## [Material shown]
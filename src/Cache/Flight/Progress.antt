-- ===== src/Cache/Flight/Progress.antt =====
-- A call that waits is woken, if the storage and the admission return.
use jaydb.Base.{ℕ, ◌≡◌, refl, sym, ap, ◌∙◌, inl, inr, ◌⊎◌, some, Str, Bool, true}
use jaydb.Storage.{Driver}
use jaydb.Cache.Budget.{done}
use jaydb.Cache.Calls.{World, invalidate}
use jaydb.Cache.Calls.Accounts.{IsExact}
use jaydb.Cache.Calls.Admit.{HasFuel, admit_some-Returned}
use jaydb.Base.{ok, err}
use jaydb.Cache.Flight.{
  Answer, Phase, idle, hit, missed, leading, fetched, settled, removed, closed, waiting, joined,
  cancelled, Flights, moved, at, settle, remove, initial, read, store, leave, close, wake, Reach,
  Within, none_yet, also, taker, Label, label, Step,
}
use jaydb.Cache.Flight.Invariant.{has_led, moved-cases, moved_self}
use jaydb.Cache.Flight.Leaders.{Reach-IsSound, initial-IsSound}

-- What the leader makes of the storage's answer comes to an end.
pub settle_done :
    (config : ℕ → Bool) (fuel e inflight : ℕ) (key : Str) (now : ℕ) (r : Answer) (w : World)
    → IsExact config inflight e w
    → HasFuel config fuel w
    → (w' : World) × (settle config fuel e key now r w ≡ done w')
unfolding settle
settle_done config fuel e inflight key now (err x) w v enough = (invalidate e key w, refl)
settle_done config fuel e inflight key now (ok o) w v enough =
    let a = admit_some-Returned config fuel inflight e key o now w v enough in (a.world, a.returns)

module _ (config : ℕ → Bool) {D : Type 0} (driver : Driver D) (fuel e : ℕ) where
  open driver use {get}

  pub trans :
      {ok : Label → Type 0} {f g h : Flights D}
      → Within config driver fuel e ok f g
      → Within config driver fuel e ok g h
      → Within config driver fuel e ok f h
  trans r none_yet = r
  trans r (also t s o) = also (trans r t) s o

  -- A step of one of two calls; no step of another, and no change from outside.
  abbrev pub IsOf : ℕ → ℕ → Label → Type 0
  IsOf i j l = (taker l ≡ some i) ⊎ (taker l ≡ some j)

  -- The call `i` has joined the call `j`, some steps of these two from `f`.
  abbrev pub Joins : ℕ → ℕ → Flights D → Type 0
  Joins i j f =
      (g : Flights D) × Within config driver fuel e (IsOf i j) f g
      × (r : Answer) × (g.phase i ≡ joined j r)

  then-Joins :
      {i j : ℕ} {f g : Flights D} (s : Step config driver fuel e f g)
      → IsOf i j (label config driver fuel e s)
      → Joins i j g
      → Joins i j f
  then-Joins s o (h, r, a, q) = (h, trans (also none_yet s o) r, a, q)

  module _ (i j : ℕ) where
    still_waiting :
        (f : Flights D) (p : Phase)
        → f.phase i ≡ waiting j
        → ¬ (f.phase j ≡ waiting j)
        → moved f.phase j p i ≡ waiting j
    still_waiting f p h n = elim (moved-cases f.phase j p i) [
      | inl (e, q) ↦ absurd (n (ap f.phase (sym e) ∙ h))
      | inr q ↦ q ∙ h
    ]

    closed-Joins :
        (f : Flights D) (r : Answer) → f.phase i ≡ waiting j → f.phase j ≡ closed r → Joins i j f
    closed-Joins f r h c = (
      at f i (joined j r),
      also none_yet (wake f i j r h c) (inl refl),
      r,
      moved_self f.phase i (joined j r),
    )

    removed-Joins :
        (f : Flights D) (r : Answer) → f.phase i ≡ waiting j → f.phase j ≡ removed r → Joins i j f
    removed-Joins f r h c = then-Joins (close f j r c) (inr refl) (
        closed-Joins (at f j (closed r)) r (still_waiting f (closed r) h (λ x. cc))
          (moved_self f.phase j (closed r)))

    settled-Joins :
        (f : Flights D) (key : Str) (r : Answer)
        → f.phase i ≡ waiting j
        → f.phase j ≡ settled key r
        → Joins i j f
    unfolding remove
    settled-Joins f key r h c = then-Joins (leave f j key r c) (inr refl) (
        removed-Joins (remove j key r f) r (still_waiting f (removed r) h (λ x. cc))
          (moved_self f.phase j (removed r)))

    module _ (inflight : ℕ) where
      fetched-Joins :
          (f : Flights D) (key : Str) (r : Answer)
          → IsExact config inflight e f.world
          → HasFuel config fuel f.world
          → f.phase i ≡ waiting j
          → f.phase j ≡ fetched key r
          → Joins i j f
      fetched-Joins f key r x enough h c =
          let (w, s) = settle_done config fuel e inflight key 0 r f.world x enough in
          then-Joins (store f j key r 0 w c s) (inr refl) (
            settled-Joins (record (at f j (settled key r)) { world = w }) key r
              (still_waiting f (settled key r) h (λ x. cc)) (moved_self f.phase j (settled key r)))

      leading-Joins :
          (f : Flights D) (key : Str)
          → IsExact config inflight e f.world
          → HasFuel config fuel f.world
          → f.phase i ≡ waiting j
          → f.phase j ≡ leading key
          → Joins i j f
      leading-Joins f key x enough h c =
          let p = fetched key (get key f.disk) in
          then-Joins (read f j key c) (inr refl) (
            fetched-Joins (at f j p) key (get key f.disk) x enough (still_waiting f p h (λ x. cc))
              (moved_self f.phase j p))

      has_led-Joins :
          (f : Flights D) (p : Phase)
          → IsExact config inflight e f.world
          → HasFuel config fuel f.world
          → f.phase j ≡ p
          → has_led p ≡ true
          → f.phase i ≡ waiting j
          → Joins i j f
      has_led-Joins f (leading key) x enough c l h = leading-Joins f key x enough h c
      has_led-Joins f (fetched key r) x enough c l h = fetched-Joins f key r x enough h c
      has_led-Joins f (settled key r) x enough c l h = settled-Joins f key r h c
      has_led-Joins f (removed r) x enough c l h = removed-Joins f r h c
      has_led-Joins f (closed r) x enough c l h = closed-Joins f r h c
      has_led-Joins f idle x enough c l h = cc
      has_led-Joins f (hit r) x enough c l h = cc
      has_led-Joins f (missed key) x enough c l h = cc
      has_led-Joins f (waiting k) x enough c l h = cc
      has_led-Joins f (joined k r) x enough c l h = cc
      has_led-Joins f (cancelled t) x enough c l h = cc

  -- No call waits for nothing: in any state that calls reach where the budget's count is exact and
  -- there is fuel for the rounds of `Reserve`, a call that waits for another gets an answer from it by
  -- steps of these two calls alone, while nothing else changes the cache or the storage.
  pub waiting-Joins :
      (inflight : ℕ) (w : World) (disk : D) {f : Flights D} (i j : ℕ)
      → Reach config driver fuel e (initial w disk) f
      → IsExact config inflight e f.world
      → HasFuel config fuel f.world
      → f.phase i ≡ waiting j
      → Joins i j f
  waiting-Joins inflight w disk {f} i j r x enough h =
      let v = Reach-IsSound config driver fuel e (initial-IsSound config driver fuel e w disk) r in
      has_led-Joins i j inflight f (f.phase j) x enough refl (v.awaited i j h) h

## [Try it]
For the listing above, print only the lines starting at the line containing "settle_done config fuel e inflight key now (ok" and ending at the line containing "-- A step of", exactly, both included.

## [Solution for this task]
settle_done config fuel e inflight key now (ok o) w v enough =
    let a = admit_some-Returned config fuel inflight e key o now w v enough in (a.world, a.returns)

module _ (config : ℕ → Bool) {D : Type 0} (driver : Driver D) (fuel e : ℕ) where
  open driver use {get}

  pub trans :
      {ok : Label → Type 0} {f g h : Flights D}
      → Within config driver fuel e ok f g
      → Within config driver fuel e ok g h
      → Within config driver fuel e ok f h
  trans r none_yet = r
  trans r (also t s o) = also (trans r t) s o

  -- A step of one of two calls; no step of another, and no change from outside.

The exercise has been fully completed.